* _PROBLEM STATEMENT_
Report the lines of the data below that contain the string "kept".

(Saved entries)
****************************************

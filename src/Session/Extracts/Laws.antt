-- ===== src/Session/Extracts/Laws.antt =====
-- core/session.ts: after `removeUnreferencedExtracts` the extracts are the referenced ones.
use sqlanvil.Base.{
  Bool, true, false, List, ◌∷◌, [], ◌&&◌, ◌||◌, not, filter_by, contains, add, add_all,
  contains-add, contains-append, ==_iff, ◌≡◌, refl, arith, sym, List-cases, inl, inr, ==_refl, All,
  contains-filter_by,
}
use sqlanvil.Targets.{Target, target_eq}
use sqlanvil.Session.Graph.{ActionProto, CompiledGraph, targets_of}
use sqlanvil.Session.Extracts.{
  dependencies_of, referring_actions, referenced_targets, pruned_targets, drop_pruned,
  remove_unreferenced_extracts,
}

pub contains-add_all :
    (xs ys : List Target) (t : Target)
    → contains (add_all xs ys) t ≡ (contains xs t || contains ys t)
contains-add_all xs [] t = ground arith
contains-add_all xs (y ∷ ys) t =
    ground (arith, contains-add_all (add xs y) ys t, contains-add xs y t)

-- Some action of the list depends on the target.
abbrev pub is_referenced : List ActionProto → Target → Bool
is_referenced [] t = false
is_referenced (a ∷ rest) t = contains a.dependency_targets t || is_referenced rest t

contains-dependencies_of :
    (actions : List ActionProto) (t : Target)
    → contains (dependencies_of actions) t ≡ is_referenced actions t
contains-dependencies_of [] t = refl
contains-dependencies_of (a ∷ rest) t = ground (
  arith,
  contains-append a.dependency_targets (dependencies_of rest) t,
  contains-dependencies_of rest t,
)

module _ (p : Target → Bool) where
  contains-filtered :
      (xs : List ActionProto) (t : Target)
      → contains (targets_of (filter_by (λ (e : ActionProto). not (p e.target)) xs)) t
        ≡ (not (p t) && contains (targets_of xs) t)
  contains-filtered [] t = ground arith
  contains-filtered (x ∷ xs) t = ground (arith, contains-filtered xs t, ==_iff t x.target)

filter_by-same {ℓ} :
    {A : Type ℓ} (p q : A → Bool) (xs : List A)
    → All (λ x. p x ≡ q x) xs
    → filter_by p xs ≡ filter_by q xs
filter_by-same p q [] h = refl
filter_by-same p q (x ∷ xs) h = ground (arith, h.0, filter_by-same p q xs h.1)

filter_by-all {ℓ} :
    {A : Type ℓ} (p : A → Bool) → ((a : A) → p a ≡ true) → (xs : List A) → filter_by p xs ≡ xs
filter_by-all p h [] = refl
filter_by-all p h (x ∷ xs) = ground (arith, h x, filter_by-all p h xs)

All-weaken {ℓ κ μ} :
    {A : Type ℓ} (P : A → Type κ) (Q : A → Type μ)
    → ((a : A) → P a → Q a)
    → (xs : List A) → All P xs
    → All Q xs
All-weaken P Q f [] h = tt
All-weaken P Q f (x ∷ xs) h = (f x h.0, All-weaken P Q f xs h.1)

All-listed : (xs : List ActionProto) → All (λ x. contains (targets_of xs) x.target ≡ true) xs
All-listed [] = tt
All-listed (x ∷ xs) =
    (ground (arith, ==_refl x.target), All-weaken _ _ (λ y h. ground arith) xs (All-listed xs))

drop_pruned-extracts :
    (ts : List Target) (g : CompiledGraph)
    → (drop_pruned ts g).extracts
      ≡ filter_by (λ (e : ActionProto). not (contains ts e.target)) g.extracts
drop_pruned-extracts [] g = sym (filter_by-all (λ (e : ActionProto). true) (λ e. refl) g.extracts)
drop_pruned-extracts (t ∷ ts) g = refl

drop_pruned-targets :
    (ts : List Target) (g : CompiledGraph) (t : Target)
    → contains (drop_pruned ts g).targets t ≡ (contains g.targets t && not (contains ts t))
drop_pruned-targets [] g t = ground arith
drop_pruned-targets (x ∷ ts) g t =
    ground (arith, contains-filter_by (λ u. not (contains (x ∷ ts) u)) g.targets t)

module _ (g : CompiledGraph) where
  pruned_iff :
      (t : Target)
      → contains (pruned_targets g) t
        ≡ (not (is_referenced (referring_actions g) t) && contains (targets_of g.extracts) t)
  pruned_iff t = ground (
    arith,
    contains-add_all []
        (targets_of (
          filter_by (λ (e : ActionProto). not (contains (referenced_targets g) e.target))
            g.extracts))
        t,
    contains-filtered (contains (referenced_targets g)) g.extracts t,
    contains-add_all [] (dependencies_of (referring_actions g)) t,
    contains-dependencies_of (referring_actions g) t,
  )

  kept :
      filter_by (λ (e : ActionProto). not (contains (pruned_targets g) e.target)) g.extracts
      ≡ filter_by (λ (e : ActionProto). is_referenced (referring_actions g) e.target) g.extracts
  kept = filter_by-same _ _ g.extracts (
      All-weaken _ _ (λ x h. ground (arith, pruned_iff x.target)) g.extracts
        (All-listed g.extracts))

  -- The extracts that are left are, in order, those that some other action depends on; and a target is
  -- listed after the pass exactly when it was listed before, unless it names a pruned extract.
  pub remove_unreferenced_extracts_lem :
      ((remove_unreferenced_extracts g).extracts
        ≡ filter_by (λ (e : ActionProto). is_referenced (referring_actions g) e.target) g.extracts)
      × ((t : Target)
          → contains (remove_unreferenced_extracts g).targets t ≡ (
              contains g.targets t
              && (is_referenced (referring_actions g) t
                  || not (contains (targets_of g.extracts) t))))
  unfolding remove_unreferenced_extracts
  remove_unreferenced_extracts_lem = elim (List-cases g.extracts) [
    | inl none_left ↦ (ground (arith, none_left), λ t. ground (arith, none_left))
    | inr (x, xs, e) ↦ (
      ground (arith, e, drop_pruned-extracts (pruned_targets g) g, kept),
      λ t. ground (arith, e, drop_pruned-targets (pruned_targets g) g t, pruned_iff t),
    )
  ]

****************************************

* _REPLY TO THE TASK_
  kept :
  kept = filter_by-same _ _ g.extracts (
      ground (arith, e, drop_pruned-extracts (pruned_targets g) g, kept),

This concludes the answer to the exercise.